### Problem to work on
Look through the entries for the string "registered", and copy each line that holds it.

(Saved entries)
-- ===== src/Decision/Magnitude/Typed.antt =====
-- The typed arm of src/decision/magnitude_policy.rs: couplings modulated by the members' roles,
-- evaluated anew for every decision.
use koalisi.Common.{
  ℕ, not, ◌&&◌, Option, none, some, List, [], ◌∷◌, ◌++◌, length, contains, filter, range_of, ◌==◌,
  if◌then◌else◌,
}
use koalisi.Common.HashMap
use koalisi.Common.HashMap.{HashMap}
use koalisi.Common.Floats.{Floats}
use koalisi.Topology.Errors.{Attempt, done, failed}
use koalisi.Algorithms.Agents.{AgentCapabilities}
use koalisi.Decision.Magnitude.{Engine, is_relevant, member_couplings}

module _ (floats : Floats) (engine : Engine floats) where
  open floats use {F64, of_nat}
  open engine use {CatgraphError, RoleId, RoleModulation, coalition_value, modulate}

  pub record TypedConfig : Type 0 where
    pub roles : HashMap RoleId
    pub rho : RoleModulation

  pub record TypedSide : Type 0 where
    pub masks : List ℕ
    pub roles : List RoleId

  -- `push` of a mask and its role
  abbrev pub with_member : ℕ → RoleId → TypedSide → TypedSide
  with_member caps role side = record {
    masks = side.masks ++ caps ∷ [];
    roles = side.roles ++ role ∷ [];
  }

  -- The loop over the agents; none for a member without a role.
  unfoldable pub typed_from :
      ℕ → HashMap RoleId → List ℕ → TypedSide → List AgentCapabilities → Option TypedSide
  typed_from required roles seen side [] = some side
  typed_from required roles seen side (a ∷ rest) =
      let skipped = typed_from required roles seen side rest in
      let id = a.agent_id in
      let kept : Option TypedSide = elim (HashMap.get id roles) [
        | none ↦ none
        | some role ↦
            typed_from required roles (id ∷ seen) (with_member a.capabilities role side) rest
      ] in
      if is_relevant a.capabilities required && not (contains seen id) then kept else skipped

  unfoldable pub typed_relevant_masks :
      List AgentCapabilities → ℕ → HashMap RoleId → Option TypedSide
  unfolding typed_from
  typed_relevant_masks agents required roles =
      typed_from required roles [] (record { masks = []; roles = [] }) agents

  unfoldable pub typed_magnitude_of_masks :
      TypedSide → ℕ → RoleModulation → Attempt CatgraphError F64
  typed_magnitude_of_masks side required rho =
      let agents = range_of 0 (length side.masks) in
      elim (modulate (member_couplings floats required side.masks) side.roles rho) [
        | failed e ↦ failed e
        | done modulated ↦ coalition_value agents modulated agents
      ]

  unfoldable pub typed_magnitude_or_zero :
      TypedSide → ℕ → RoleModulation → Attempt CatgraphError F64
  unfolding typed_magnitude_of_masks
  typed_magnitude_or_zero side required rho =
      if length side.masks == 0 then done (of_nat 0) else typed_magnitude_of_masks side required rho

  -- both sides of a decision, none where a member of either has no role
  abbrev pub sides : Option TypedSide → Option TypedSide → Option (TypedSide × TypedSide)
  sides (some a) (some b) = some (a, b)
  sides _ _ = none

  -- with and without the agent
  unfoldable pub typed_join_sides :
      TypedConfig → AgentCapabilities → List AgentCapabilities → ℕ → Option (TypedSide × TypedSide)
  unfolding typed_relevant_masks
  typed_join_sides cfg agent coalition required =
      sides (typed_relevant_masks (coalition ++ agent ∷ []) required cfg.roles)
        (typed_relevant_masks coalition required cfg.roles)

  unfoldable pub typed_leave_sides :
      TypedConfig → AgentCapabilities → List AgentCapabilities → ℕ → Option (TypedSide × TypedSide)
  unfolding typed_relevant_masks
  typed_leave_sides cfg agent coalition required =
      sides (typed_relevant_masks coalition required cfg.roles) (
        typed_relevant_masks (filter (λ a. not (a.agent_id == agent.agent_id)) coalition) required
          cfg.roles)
* * *
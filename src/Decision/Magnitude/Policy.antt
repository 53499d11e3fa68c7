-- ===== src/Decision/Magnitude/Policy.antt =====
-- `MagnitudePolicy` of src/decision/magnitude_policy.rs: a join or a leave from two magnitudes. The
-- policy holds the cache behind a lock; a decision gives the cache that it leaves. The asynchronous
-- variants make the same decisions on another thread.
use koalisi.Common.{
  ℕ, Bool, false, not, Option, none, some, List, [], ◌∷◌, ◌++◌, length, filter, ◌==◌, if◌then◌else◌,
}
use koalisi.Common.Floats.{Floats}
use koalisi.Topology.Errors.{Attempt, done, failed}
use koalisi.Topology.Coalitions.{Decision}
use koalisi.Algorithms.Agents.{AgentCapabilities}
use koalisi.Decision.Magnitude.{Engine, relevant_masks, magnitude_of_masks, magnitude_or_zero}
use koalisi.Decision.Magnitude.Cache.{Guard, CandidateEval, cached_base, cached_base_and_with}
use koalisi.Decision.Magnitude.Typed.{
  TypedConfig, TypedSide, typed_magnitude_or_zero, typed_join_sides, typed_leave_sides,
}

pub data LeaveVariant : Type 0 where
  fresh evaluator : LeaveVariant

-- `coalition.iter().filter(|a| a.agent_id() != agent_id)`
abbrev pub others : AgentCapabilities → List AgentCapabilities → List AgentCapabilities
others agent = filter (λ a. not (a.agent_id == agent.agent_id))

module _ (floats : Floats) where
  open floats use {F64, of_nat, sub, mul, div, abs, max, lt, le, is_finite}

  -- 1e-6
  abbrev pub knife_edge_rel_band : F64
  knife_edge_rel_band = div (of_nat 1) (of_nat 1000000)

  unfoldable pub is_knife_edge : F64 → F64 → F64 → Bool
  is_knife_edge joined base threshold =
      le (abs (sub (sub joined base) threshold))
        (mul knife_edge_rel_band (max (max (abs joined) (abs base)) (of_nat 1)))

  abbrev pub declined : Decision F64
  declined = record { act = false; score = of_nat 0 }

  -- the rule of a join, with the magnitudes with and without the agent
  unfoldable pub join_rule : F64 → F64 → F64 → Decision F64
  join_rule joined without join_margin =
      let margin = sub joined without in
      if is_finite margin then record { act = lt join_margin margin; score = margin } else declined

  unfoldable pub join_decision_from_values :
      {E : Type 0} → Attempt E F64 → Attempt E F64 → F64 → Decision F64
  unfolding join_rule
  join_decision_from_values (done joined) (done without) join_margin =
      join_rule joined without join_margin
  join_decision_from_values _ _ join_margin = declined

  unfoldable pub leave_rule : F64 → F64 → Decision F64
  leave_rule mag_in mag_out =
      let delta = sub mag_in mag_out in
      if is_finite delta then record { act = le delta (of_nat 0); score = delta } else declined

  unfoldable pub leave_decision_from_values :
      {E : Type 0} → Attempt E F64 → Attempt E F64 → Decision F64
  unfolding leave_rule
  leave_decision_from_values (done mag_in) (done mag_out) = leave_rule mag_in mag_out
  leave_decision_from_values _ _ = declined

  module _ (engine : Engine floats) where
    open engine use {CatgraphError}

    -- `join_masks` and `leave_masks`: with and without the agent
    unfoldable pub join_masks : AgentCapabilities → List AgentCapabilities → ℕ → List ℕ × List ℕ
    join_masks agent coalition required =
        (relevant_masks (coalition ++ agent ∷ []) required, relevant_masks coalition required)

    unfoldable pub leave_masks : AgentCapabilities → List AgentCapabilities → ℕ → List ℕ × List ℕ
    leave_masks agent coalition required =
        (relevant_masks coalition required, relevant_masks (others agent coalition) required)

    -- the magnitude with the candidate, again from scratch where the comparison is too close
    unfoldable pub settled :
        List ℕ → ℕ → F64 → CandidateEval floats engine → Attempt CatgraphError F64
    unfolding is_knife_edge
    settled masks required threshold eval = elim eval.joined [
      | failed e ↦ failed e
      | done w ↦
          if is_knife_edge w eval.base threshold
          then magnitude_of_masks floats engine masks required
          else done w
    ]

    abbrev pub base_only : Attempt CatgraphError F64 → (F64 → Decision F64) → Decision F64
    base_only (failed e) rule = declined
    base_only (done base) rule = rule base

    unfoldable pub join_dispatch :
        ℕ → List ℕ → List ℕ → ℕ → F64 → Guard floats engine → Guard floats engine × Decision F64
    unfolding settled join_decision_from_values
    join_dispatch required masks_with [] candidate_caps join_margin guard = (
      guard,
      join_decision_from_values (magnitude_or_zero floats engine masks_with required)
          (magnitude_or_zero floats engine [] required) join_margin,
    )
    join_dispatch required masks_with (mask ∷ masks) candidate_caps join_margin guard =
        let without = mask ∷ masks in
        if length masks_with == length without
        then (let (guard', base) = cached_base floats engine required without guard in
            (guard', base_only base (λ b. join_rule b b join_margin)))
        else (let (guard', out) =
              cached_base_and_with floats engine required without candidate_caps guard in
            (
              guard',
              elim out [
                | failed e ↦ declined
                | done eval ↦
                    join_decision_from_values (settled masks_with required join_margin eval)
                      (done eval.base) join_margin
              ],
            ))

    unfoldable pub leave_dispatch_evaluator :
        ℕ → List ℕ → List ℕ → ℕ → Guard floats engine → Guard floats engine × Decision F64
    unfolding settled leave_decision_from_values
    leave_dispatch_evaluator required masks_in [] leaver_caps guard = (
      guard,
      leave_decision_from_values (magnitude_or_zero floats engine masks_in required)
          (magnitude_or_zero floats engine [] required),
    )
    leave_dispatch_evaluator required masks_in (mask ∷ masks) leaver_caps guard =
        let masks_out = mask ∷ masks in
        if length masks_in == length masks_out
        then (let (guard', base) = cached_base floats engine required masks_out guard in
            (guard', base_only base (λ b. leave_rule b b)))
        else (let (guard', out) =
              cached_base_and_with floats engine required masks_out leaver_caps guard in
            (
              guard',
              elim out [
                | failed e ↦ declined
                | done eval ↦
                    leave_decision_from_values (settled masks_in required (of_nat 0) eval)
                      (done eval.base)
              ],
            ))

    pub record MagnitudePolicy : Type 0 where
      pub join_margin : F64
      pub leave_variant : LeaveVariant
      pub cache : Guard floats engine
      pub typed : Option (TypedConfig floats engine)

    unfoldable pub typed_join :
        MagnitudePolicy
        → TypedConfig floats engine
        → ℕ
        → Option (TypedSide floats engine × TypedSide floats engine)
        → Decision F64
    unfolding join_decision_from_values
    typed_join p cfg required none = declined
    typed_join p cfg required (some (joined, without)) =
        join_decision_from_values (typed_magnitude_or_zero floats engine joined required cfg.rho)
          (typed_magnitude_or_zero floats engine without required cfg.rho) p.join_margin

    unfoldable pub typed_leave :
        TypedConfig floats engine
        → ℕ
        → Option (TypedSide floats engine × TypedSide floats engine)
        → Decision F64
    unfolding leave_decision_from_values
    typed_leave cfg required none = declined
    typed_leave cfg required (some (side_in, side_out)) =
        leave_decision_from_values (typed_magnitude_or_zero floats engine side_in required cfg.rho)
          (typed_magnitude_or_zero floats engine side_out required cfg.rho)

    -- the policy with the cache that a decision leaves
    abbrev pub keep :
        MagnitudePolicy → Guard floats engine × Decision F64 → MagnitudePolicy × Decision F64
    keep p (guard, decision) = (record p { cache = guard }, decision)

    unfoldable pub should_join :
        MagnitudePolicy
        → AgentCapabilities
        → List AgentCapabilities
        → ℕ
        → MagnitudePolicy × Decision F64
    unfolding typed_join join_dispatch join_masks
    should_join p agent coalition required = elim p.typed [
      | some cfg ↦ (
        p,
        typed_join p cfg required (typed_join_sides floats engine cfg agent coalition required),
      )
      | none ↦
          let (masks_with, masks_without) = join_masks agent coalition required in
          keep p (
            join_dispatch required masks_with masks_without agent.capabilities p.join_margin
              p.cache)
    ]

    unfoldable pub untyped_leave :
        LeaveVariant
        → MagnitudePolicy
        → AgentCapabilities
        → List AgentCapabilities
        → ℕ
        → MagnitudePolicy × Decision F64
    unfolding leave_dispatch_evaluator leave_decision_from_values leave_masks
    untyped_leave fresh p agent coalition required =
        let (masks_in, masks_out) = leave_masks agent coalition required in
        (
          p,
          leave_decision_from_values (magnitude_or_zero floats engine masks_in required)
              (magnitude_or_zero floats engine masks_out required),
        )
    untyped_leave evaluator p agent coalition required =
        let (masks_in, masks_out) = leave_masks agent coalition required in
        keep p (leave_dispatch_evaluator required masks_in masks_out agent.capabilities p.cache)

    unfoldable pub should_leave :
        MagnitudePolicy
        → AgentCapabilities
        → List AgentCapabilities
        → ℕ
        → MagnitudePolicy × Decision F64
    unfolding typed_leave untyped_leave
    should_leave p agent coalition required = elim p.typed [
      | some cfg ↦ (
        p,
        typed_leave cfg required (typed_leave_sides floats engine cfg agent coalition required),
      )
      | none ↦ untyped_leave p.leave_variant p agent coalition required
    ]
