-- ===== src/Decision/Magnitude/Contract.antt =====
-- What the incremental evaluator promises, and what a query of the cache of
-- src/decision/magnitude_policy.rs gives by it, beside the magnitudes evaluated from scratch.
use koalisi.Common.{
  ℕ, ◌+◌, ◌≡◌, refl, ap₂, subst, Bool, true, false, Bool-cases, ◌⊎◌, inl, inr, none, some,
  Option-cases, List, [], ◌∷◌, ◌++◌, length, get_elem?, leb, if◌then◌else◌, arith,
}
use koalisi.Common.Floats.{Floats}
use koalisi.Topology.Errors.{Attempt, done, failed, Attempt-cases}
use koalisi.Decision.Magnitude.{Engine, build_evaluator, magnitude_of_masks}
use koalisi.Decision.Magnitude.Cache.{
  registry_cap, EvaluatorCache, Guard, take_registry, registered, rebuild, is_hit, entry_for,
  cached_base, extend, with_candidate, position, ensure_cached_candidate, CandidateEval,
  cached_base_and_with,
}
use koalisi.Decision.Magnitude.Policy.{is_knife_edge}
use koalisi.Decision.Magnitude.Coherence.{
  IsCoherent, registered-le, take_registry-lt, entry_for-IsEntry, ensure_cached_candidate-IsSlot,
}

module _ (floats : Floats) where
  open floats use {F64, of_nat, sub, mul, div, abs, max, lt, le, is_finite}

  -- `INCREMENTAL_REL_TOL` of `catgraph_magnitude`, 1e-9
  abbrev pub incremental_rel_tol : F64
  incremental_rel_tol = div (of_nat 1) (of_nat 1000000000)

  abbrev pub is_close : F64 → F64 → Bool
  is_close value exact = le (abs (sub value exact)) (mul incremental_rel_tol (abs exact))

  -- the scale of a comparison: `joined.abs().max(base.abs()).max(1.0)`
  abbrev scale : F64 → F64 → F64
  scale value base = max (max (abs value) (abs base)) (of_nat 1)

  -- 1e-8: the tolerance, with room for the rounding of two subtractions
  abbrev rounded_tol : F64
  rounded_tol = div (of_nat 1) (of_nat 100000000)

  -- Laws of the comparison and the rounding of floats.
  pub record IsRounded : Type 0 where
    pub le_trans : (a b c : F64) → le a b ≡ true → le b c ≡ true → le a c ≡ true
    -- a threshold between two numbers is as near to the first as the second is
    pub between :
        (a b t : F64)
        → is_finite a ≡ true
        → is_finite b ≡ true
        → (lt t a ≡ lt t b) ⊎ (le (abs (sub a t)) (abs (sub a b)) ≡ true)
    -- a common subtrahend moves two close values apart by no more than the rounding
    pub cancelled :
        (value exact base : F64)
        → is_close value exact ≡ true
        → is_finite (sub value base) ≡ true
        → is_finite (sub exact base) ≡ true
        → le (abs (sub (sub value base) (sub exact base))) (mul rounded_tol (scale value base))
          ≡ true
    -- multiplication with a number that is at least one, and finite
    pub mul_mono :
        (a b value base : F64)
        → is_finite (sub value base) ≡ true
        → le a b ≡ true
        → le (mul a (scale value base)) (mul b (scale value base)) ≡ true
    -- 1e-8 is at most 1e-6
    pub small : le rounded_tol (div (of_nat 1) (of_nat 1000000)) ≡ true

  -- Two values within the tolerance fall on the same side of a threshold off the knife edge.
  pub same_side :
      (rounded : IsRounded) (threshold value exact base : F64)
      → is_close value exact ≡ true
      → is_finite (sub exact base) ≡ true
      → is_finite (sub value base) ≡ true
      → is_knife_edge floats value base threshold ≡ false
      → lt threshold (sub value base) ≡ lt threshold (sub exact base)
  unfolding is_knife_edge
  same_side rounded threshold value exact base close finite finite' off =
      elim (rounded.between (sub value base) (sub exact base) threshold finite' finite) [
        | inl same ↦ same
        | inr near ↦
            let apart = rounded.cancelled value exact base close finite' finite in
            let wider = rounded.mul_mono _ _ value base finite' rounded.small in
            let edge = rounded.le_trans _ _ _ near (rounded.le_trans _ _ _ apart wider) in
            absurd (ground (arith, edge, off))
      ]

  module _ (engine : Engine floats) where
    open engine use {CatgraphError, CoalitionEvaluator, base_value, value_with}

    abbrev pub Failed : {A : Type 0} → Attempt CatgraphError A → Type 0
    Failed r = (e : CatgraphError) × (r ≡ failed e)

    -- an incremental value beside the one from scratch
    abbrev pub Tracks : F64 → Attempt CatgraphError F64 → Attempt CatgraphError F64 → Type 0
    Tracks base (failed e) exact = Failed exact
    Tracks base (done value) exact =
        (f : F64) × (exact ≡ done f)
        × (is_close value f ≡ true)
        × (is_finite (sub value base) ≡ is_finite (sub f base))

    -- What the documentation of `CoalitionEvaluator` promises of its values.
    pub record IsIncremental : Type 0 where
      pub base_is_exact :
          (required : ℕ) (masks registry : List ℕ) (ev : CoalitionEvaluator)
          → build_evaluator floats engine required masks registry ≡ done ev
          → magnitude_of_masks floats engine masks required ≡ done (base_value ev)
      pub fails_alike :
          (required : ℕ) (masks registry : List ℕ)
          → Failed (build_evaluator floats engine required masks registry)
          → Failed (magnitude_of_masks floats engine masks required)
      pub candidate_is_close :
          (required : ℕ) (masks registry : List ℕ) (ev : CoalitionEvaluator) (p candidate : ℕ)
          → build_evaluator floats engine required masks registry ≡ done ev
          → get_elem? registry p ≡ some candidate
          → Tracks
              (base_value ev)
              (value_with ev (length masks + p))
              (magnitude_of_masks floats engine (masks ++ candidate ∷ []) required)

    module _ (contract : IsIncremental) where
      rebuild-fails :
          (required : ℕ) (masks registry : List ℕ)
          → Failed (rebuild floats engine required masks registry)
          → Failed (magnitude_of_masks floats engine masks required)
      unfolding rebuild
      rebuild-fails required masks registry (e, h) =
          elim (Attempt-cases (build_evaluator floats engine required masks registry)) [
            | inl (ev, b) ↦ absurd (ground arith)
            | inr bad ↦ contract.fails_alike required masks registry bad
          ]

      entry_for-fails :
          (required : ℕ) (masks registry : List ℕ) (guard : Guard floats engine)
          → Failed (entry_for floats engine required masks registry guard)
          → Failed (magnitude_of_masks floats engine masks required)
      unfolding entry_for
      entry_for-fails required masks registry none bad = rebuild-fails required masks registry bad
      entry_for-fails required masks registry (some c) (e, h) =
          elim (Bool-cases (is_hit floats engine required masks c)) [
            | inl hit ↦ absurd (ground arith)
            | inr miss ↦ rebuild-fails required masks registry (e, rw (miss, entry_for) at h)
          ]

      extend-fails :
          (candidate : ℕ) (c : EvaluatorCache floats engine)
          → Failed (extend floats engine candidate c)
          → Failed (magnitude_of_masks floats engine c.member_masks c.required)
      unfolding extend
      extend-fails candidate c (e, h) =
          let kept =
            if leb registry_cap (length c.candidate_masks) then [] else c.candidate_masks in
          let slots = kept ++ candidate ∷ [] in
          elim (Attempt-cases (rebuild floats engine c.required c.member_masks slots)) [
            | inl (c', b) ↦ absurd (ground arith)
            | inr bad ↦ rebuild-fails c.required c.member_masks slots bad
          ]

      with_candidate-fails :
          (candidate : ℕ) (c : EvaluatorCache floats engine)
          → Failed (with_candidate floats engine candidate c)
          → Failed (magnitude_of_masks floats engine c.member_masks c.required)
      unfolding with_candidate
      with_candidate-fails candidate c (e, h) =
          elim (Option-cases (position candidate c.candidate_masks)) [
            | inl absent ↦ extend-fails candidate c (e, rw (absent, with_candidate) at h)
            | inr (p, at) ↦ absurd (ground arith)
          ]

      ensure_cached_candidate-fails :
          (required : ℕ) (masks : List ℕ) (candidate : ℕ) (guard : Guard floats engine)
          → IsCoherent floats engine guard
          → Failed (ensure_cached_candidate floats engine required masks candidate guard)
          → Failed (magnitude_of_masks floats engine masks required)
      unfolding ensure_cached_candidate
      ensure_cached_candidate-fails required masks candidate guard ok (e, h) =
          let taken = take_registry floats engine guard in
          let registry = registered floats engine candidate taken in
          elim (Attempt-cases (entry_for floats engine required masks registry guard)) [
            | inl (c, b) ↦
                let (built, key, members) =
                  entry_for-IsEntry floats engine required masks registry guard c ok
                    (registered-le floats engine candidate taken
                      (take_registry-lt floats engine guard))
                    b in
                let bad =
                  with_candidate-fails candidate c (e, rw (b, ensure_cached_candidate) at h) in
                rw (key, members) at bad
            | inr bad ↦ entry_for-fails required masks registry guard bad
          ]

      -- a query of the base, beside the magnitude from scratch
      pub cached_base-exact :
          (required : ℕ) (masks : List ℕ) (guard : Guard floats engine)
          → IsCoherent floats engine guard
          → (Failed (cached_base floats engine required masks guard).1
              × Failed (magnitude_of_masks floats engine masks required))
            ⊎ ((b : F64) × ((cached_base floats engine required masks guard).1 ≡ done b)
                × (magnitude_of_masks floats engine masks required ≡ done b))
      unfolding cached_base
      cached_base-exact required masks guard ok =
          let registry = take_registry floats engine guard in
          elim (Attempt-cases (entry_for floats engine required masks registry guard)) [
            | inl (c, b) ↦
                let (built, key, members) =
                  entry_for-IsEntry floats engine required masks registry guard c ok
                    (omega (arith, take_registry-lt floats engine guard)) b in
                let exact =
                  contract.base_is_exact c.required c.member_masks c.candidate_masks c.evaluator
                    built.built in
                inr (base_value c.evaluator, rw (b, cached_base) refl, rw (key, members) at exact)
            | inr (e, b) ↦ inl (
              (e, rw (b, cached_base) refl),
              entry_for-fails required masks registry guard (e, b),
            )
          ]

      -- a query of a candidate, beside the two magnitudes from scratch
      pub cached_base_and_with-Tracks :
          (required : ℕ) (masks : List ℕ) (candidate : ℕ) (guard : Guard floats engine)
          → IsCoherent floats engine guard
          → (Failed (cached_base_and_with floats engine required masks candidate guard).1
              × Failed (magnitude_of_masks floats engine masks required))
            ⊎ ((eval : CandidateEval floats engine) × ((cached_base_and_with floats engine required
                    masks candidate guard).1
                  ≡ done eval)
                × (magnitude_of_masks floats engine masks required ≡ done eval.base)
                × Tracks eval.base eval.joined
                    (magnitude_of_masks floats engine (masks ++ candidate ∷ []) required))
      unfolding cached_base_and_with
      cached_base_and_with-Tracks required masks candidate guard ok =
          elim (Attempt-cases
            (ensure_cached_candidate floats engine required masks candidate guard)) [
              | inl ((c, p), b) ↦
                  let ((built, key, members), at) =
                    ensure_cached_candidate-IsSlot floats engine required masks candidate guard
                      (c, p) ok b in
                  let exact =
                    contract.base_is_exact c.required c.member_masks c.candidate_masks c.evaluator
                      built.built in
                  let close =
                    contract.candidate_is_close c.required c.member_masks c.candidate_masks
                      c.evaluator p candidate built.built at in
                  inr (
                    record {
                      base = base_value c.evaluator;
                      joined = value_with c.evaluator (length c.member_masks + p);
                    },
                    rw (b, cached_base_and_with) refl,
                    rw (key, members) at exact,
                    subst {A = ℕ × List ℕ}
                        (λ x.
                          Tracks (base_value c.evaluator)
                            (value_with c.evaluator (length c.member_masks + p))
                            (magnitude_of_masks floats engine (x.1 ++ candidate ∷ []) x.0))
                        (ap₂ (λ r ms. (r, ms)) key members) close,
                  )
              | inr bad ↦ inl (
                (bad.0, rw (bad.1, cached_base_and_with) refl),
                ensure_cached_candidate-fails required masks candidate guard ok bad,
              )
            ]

### Task solution
  registry_cap, EvaluatorCache, Guard, take_registry, registered, rebuild, is_hit, entry_for,
  IsCoherent, registered-le, take_registry-lt, entry_for-IsEntry, ensure_cached_candidate-IsSlot,
          let registry = registered floats engine candidate taken in
                    (registered-le floats engine candidate taken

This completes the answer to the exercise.